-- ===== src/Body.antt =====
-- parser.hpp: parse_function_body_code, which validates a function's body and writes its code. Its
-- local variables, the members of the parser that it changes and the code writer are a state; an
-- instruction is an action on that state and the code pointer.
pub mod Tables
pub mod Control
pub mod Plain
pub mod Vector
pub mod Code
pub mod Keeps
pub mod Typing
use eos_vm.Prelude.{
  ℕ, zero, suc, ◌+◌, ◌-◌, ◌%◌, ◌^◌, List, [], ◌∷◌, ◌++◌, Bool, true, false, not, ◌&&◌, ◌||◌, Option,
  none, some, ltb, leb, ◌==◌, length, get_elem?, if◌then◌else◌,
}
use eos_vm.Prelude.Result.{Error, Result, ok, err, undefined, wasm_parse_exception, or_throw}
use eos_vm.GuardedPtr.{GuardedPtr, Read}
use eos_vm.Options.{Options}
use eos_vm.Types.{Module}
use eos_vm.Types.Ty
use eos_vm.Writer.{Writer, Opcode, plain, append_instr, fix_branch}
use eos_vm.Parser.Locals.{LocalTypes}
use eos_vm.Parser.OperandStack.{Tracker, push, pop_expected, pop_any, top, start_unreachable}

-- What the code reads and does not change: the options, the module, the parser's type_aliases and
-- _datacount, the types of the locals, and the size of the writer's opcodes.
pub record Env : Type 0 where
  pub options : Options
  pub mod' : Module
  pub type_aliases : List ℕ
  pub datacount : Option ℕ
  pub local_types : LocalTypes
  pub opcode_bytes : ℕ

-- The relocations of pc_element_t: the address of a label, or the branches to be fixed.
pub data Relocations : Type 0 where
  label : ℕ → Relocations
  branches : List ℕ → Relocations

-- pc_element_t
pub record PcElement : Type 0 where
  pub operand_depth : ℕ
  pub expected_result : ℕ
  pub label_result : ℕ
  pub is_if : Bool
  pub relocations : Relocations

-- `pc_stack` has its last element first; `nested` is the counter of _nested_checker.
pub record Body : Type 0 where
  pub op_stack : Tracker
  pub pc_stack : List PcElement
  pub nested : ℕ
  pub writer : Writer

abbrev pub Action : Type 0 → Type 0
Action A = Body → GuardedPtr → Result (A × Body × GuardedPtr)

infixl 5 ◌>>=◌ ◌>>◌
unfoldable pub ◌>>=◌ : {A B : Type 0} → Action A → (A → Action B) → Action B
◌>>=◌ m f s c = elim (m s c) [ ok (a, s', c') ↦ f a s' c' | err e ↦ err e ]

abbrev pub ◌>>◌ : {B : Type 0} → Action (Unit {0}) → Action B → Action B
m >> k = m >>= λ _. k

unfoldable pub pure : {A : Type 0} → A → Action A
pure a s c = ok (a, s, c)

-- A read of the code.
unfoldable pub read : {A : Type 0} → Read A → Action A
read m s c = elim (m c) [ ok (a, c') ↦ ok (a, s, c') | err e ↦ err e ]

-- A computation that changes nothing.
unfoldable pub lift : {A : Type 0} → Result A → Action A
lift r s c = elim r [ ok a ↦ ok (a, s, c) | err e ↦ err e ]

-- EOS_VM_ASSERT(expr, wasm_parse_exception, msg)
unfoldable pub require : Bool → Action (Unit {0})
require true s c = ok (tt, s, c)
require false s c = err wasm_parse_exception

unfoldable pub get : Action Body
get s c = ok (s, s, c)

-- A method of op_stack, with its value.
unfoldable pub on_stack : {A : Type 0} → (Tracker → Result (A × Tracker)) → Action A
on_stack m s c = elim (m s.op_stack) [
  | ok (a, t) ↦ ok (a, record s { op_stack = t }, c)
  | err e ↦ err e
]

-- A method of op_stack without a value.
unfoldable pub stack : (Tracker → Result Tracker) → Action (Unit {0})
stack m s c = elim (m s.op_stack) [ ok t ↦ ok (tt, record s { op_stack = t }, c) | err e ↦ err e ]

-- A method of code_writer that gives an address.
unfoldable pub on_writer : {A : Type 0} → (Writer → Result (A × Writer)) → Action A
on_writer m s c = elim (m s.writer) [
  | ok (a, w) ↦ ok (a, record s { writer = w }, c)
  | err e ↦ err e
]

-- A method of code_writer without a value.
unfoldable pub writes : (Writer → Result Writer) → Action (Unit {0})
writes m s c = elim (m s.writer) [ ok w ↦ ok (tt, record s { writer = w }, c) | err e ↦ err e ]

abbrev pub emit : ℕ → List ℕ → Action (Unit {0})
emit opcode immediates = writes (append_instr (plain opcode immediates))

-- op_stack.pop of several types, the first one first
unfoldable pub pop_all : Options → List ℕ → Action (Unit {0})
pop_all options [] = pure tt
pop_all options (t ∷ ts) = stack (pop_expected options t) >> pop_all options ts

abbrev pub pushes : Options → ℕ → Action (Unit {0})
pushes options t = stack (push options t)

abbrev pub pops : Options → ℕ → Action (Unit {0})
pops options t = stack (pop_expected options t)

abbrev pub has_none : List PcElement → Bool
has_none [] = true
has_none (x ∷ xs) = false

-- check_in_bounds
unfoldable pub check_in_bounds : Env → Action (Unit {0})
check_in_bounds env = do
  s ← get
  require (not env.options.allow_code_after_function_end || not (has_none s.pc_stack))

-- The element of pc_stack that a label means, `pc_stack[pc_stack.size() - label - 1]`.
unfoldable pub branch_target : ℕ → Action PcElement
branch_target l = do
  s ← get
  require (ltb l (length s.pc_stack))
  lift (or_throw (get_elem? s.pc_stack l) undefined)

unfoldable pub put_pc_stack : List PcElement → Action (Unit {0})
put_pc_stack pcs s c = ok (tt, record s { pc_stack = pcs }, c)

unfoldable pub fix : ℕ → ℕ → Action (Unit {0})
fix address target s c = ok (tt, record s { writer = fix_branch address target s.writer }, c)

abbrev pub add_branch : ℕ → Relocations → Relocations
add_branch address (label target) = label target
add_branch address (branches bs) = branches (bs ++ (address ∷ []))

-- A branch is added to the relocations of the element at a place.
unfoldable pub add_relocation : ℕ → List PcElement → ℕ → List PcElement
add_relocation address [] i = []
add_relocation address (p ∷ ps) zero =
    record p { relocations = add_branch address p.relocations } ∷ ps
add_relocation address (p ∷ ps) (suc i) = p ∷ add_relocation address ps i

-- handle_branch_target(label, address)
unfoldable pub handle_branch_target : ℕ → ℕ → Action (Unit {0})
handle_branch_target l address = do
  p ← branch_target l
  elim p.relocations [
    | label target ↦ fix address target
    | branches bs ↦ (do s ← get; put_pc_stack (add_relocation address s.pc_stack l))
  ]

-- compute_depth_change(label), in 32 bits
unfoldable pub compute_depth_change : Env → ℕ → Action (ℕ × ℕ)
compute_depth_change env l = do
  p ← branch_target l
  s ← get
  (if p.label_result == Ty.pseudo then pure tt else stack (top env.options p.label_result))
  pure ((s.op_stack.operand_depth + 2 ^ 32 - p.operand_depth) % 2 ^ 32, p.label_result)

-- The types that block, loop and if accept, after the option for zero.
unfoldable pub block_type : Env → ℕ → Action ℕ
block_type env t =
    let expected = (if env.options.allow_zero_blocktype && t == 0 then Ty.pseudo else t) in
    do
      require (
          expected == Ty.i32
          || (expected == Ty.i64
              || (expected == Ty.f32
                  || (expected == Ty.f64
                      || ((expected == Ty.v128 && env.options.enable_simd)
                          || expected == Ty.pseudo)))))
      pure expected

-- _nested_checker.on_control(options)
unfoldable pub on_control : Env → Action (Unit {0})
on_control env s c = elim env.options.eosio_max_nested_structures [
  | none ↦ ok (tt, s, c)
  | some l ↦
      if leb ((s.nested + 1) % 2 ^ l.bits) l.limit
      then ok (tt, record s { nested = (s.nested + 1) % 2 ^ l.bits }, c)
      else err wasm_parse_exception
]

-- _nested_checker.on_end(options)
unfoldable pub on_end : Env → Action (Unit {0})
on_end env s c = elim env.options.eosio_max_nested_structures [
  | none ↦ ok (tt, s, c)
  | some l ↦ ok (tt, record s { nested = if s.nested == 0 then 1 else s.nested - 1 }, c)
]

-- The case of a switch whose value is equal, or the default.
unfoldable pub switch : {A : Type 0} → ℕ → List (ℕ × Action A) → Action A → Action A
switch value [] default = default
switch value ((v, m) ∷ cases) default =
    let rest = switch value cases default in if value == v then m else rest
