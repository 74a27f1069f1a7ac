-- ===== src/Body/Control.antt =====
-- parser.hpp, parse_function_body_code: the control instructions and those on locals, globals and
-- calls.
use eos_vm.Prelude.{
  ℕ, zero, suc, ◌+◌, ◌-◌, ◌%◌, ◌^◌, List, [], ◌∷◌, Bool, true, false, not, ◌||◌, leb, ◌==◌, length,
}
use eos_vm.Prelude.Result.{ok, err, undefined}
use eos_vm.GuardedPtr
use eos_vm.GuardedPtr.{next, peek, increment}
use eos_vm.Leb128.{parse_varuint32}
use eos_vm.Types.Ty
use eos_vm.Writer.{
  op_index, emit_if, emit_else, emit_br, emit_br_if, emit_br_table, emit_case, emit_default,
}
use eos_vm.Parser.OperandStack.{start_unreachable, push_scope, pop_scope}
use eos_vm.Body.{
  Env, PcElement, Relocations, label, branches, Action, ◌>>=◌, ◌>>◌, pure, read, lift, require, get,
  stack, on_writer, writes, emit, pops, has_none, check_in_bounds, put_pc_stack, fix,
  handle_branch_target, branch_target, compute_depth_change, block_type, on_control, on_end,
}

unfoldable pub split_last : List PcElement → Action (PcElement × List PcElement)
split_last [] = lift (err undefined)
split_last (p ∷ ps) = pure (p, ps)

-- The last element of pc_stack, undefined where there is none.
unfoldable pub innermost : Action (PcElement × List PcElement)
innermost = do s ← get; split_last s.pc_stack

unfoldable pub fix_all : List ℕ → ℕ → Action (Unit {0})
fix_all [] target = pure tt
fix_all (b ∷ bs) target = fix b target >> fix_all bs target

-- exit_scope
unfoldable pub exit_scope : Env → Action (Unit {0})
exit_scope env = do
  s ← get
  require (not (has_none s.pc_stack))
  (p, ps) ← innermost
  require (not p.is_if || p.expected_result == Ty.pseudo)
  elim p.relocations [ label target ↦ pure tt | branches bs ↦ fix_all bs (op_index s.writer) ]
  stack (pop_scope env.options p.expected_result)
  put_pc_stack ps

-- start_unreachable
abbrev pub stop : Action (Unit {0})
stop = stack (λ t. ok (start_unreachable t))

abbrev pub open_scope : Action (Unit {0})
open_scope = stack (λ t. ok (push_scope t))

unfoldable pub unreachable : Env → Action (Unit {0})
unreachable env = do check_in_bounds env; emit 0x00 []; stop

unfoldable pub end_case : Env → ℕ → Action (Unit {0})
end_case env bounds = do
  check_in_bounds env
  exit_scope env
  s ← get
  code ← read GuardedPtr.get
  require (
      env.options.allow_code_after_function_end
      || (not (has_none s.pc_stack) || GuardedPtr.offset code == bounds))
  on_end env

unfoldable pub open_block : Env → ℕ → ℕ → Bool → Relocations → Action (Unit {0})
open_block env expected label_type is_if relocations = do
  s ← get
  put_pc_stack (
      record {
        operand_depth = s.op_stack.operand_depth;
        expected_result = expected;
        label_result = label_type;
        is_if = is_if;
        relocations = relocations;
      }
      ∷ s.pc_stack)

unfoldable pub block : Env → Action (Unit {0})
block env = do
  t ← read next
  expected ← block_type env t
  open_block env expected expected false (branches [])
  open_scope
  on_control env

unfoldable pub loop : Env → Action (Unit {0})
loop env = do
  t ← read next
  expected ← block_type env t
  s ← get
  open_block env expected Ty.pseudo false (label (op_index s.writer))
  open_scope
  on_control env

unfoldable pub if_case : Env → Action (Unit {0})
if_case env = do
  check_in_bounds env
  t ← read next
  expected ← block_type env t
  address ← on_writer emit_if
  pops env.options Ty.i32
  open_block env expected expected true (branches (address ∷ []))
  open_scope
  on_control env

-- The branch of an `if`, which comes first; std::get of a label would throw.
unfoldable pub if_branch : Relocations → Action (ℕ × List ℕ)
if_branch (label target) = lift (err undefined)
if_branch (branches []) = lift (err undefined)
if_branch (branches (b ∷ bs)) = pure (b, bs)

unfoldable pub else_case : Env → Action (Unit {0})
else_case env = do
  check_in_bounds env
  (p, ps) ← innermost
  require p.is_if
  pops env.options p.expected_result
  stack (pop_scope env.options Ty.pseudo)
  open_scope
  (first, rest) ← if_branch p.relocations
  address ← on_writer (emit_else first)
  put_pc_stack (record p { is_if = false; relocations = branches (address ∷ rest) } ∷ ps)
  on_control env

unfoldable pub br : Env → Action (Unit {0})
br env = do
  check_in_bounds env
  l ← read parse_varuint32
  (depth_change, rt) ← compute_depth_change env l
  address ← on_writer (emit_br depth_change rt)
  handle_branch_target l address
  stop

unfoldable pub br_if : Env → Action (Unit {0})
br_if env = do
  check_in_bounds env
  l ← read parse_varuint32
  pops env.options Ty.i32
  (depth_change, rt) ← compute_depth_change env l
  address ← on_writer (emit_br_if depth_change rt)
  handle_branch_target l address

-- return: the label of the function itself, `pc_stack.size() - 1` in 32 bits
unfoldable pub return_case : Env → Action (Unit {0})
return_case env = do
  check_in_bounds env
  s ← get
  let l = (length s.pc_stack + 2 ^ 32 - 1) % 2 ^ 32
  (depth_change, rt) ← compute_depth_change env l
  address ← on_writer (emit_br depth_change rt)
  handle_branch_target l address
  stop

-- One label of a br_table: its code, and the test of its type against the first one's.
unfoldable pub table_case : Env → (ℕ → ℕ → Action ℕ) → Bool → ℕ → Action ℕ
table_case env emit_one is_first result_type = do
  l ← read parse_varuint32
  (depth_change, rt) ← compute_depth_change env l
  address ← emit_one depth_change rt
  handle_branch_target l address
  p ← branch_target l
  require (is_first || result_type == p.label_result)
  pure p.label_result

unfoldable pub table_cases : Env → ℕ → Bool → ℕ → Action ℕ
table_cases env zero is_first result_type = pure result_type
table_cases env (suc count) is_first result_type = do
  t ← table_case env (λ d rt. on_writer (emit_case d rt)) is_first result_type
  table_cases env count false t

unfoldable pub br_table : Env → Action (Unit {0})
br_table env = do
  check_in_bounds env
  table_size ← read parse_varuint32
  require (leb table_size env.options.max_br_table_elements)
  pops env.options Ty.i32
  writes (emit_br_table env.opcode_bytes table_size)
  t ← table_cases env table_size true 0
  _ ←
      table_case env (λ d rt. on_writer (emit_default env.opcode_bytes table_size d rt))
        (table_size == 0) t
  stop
---+---
## EXERCISE GOAL
Retype only this portion of the data above: the line containing "unfoldable pub handle_branch_target", the line containing "-- compute_depth_change(label), in 32 bits", and all lines between them, exactly.

## RESPONSE AREA
unfoldable pub handle_branch_target : ℕ → ℕ → Action (Unit {0})
handle_branch_target l address = do
  p ← branch_target l
  elim p.relocations [
    | label target ↦ fix address target
    | branches bs ↦ (do s ← get; put_pc_stack (add_relocation address s.pc_stack l))
  ]

-- compute_depth_change(label), in 32 bits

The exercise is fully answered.